I see from Alcoa’s 8-K filing, that William Steiner’s proposal to end supermajority requirements won 68%. Last year, a similar proposal won 73% but this year management put their own proposals on the proxy, so some just voted for their proposals to end supermajority requirements in three areas. Management’s highest proposal won 736,143,769 votes, with 20,319,646 opposed and 4, 344, 531 abstentions. I understand that’s 74% of stock outstanding, so the measures still failed to meet the 80% supermajority threshold required for change.
With 74% favoring, and 2% opposing, it is yet another frustrating exercise in futility by shareowners. Since management placed proposals on the proxy, they look like they’re being cooperative. However, how much was real and how much was just for show? Did they make any real effort to solicit proxies to overturn supermajority requirements? My guess is that it was minimal, if any.
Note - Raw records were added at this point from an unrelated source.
-- ===== src/Auth/Account/Tests.antt =====
-- A credential file with a comment, and the theorems at it.
use st5039cmd.Base.{ℕ, ◌≡◌, refl, true, false, List, [], ◌∷◌, ◌++◌, some}
use st5039cmd.Base.CString.{codes, c_string}
use st5039cmd.Base.Stdio.{File, text_of, file_lines}
use st5039cmd.Auth.Request.{IsCredential}
use st5039cmd.Auth.Account.{load_demo_credential}
use st5039cmd.Auth.Account.Loading.{load_demo_credential-IsCredential}
use st5039cmd.Auth.Account.RoundTrip.{account_of}

abbrev comments : List (List ℕ)
comments = codes "# demo" ∷ [] ∷ []

abbrev name : List ℕ
name = codes "ab"

abbrev word : List ℕ
word = codes "x y"

abbrev demo_file : File
demo_file = record { bytes = text_of (comments ++ (name ++ b':' ∷ word) ∷ []); fails = false }

loads : load_demo_credential (some demo_file) true ≡ some (account_of name word)
unfolding load_demo_credential file_lines text_of c_string
loads = refl

load_demo_credential-IsCredential_example : IsCredential (account_of name word)
load_demo_credential-IsCredential_example =
    load_demo_credential-IsCredential (some demo_file) true (account_of name word) loads
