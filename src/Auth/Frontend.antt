-- ===== src/Auth/Frontend.antt =====
-- Authentication/Frontend.c: what asks the user, sends the request and judges the answer.
pub mod Input
pub mod Terminal
pub mod Exchange
pub mod Main
pub mod Tests
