-- ===== src/Auth/Transfer.antt =====
-- Authentication/Backend.c: `read_all` and `write_all`. The kernel and the signal handler are a list
-- of turns: what one round of the loop meets. A list that ends before the loop does stands for a
-- call that has not returned yet.
pub mod Reading
pub mod Writing
pub mod Tests
use st5039cmd.Base.{
  ℕ, zero, suc, ◌-◌, Bool, true, false, List, [], ◌∷◌, ◌++◌, length, take, drop, if◌then◌else◌,
}

pub data ReadAnswer : Type 0 where
  received : List ℕ → ReadAnswer
  read_interrupted read_failed : ReadAnswer

pub data WriteAnswer : Type 0 where
  written : ℕ → WriteAnswer
  write_interrupted write_failed : WriteAnswer

-- `stop_requested` at the head of the round, the call's answer, and `stop_requested` behind an EINTR.
pub record Turn (A : Type 0) : Type 0 where
  pub stop_before : Bool
  pub answer : A
  pub stop_after : Bool

-- Returned 0, returned -1, or still in a call.
pub data Outcome : Type 0 where
  complete aborted waiting : Outcome

-- The loop of `read_all`: the bytes in the buffer, and `length`. Beside the outcome stands the
-- buffer's filled part.
unfoldable pub read_from : List ℕ → ℕ → List (Turn ReadAnswer) → Outcome × List ℕ
read_from got zero turns = (complete, got)
read_from got (suc n) [] = (waiting, got)
read_from got (suc n) (t ∷ turns) = elim t.stop_before [
  | true ↦ (aborted, got)
  | false ↦ elim t.answer [
    | read_interrupted ↦ elim t.stop_after [
      | true ↦ (aborted, got)
      | false ↦ read_from got (suc n) turns
    ]
    | read_failed ↦ (aborted, got)
    | received [] ↦ (aborted, got)
    | received (b ∷ bs) ↦ read_from (got ++ b ∷ bs) (suc n - length (b ∷ bs)) turns
  ]
]

unfoldable pub read_all : ℕ → List (Turn ReadAnswer) → Outcome × List ℕ
unfolding read_from
read_all n turns = read_from [] n turns

-- The loop of `write_all`: what the peer was sent, and the bytes from `cursor` on.
unfoldable pub write_from : List ℕ → List ℕ → List (Turn WriteAnswer) → Outcome × List ℕ
write_from sent [] turns = (complete, sent)
write_from sent (b ∷ bs) [] = (waiting, sent)
write_from sent (b ∷ bs) (t ∷ turns) = elim t.stop_before [
  | true ↦ (aborted, sent)
  | false ↦ elim t.answer [
    | write_interrupted ↦ elim t.stop_after [
      | true ↦ (aborted, sent)
      | false ↦ write_from sent (b ∷ bs) turns
    ]
    | write_failed ↦ (aborted, sent)
    | written zero ↦ (aborted, sent)
    | written (suc k) ↦ write_from (sent ++ take (suc k) (b ∷ bs)) (drop (suc k) (b ∷ bs)) turns
  ]
]

unfoldable pub write_all : List ℕ → List (Turn WriteAnswer) → Outcome × List ℕ
unfolding write_from
write_all buffer turns = write_from [] buffer turns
I see from the 8-K filing by Kellogg that my proposal to end supermajority requirements won about 46% of the vote, despite opposition from the Kellogg Foundation, which owns about 23% of shares. At least with the new filing requirements, we’re getting results a lot quicker.
At Bank of America, shareholders passed a resolution by John Chevedden that would give shareholders the right to call a special meeting as long as owners of at least 10% of shares vote in favor of it, down from the current 20-25% requirement (unclear in Fortune article). (Bank shareholders fight back — and win, Fortune, 4/29/10)
I reviewed Dawn Following Darkness: An Outcome-Oriented Model for Corporate Governance by Martin B. Robins on April 22 in Require Affirmative Proof in Specified Circumstances of “Too Big to Fail Companies” in Order to Meet the Business Judgment Rule. I may be going out on a limb but I think that publicity was all that was needed to push the paper onto the list of SSRN top downloads. Now, if we can only influence proxy voters as much as we influence SSRN readers, we’ll have a huge impact on corporate governance.
Ric Marshall and Cheri Gaudet, of The Corporate Library, put on a great webinar yesterday, “Director Elections 2010: A Shareowner’s Guide.” Ric was able to demonstrate their tools using some well know examples of outrageous disclosures. If you missed it, you may be able to catch the recorded version on-demand, assuming it is available to those who didn’t register. It was especially interesting to see how TCL flags directors for various issues such as overboarding, lack of full independence, involvement in corporate failures, compensation and for several other reasons. Want to know which directors have lucrative compensation contracts with management? TCL has the tools to get you their in seconds. Check out Director Flags – Highlighting Shareholder Concerns. You can also request a free trial to Board Analyst to try out the Director Highlights feature.
John Chevedden brought to my attention what appears to be draconian bylaw provisions that call for a whole bunch of hoops to be jumped through for raising issues at shareowner meetings. Some companies appear to be trying to discourage shareowner proposals by telling proponents that in order to file a rule 14a-8 proposal they have to jump through the same hoops as hedge funds. See item 4 in this example from H&R Block but note the language near the end that says rights of Rule 14(a)-8 aren’t impacted. Comments on what this is all about?
And speaking of John Chevedden, he e-mailed me with yet another way retail shareowners get the shaft when voting through a voter information form (VIF) from Broadridge. I’ve written extensively on the “blank vote” issue and even filed a rulemaking petition with the SEC. Actual proxies must include a bold-face warning if blank votes will be turned into votes for management. However, VIFs typically include a practically microscopic footnote. Chevedden point out that after you cast your preliminary vote, it is easier to see how your blanks will be voted; and he provided this example from Mattel. Of course, if you do notice how your blanks have changed and you try to go back to fill in the blanks, you are punished because the system then requires you to vote all over again. The votes you want to remain valid have all disappeared. Gotcha! I revised my post, Jim Crow “Protections” for Retail Shareowners, to include this additional information.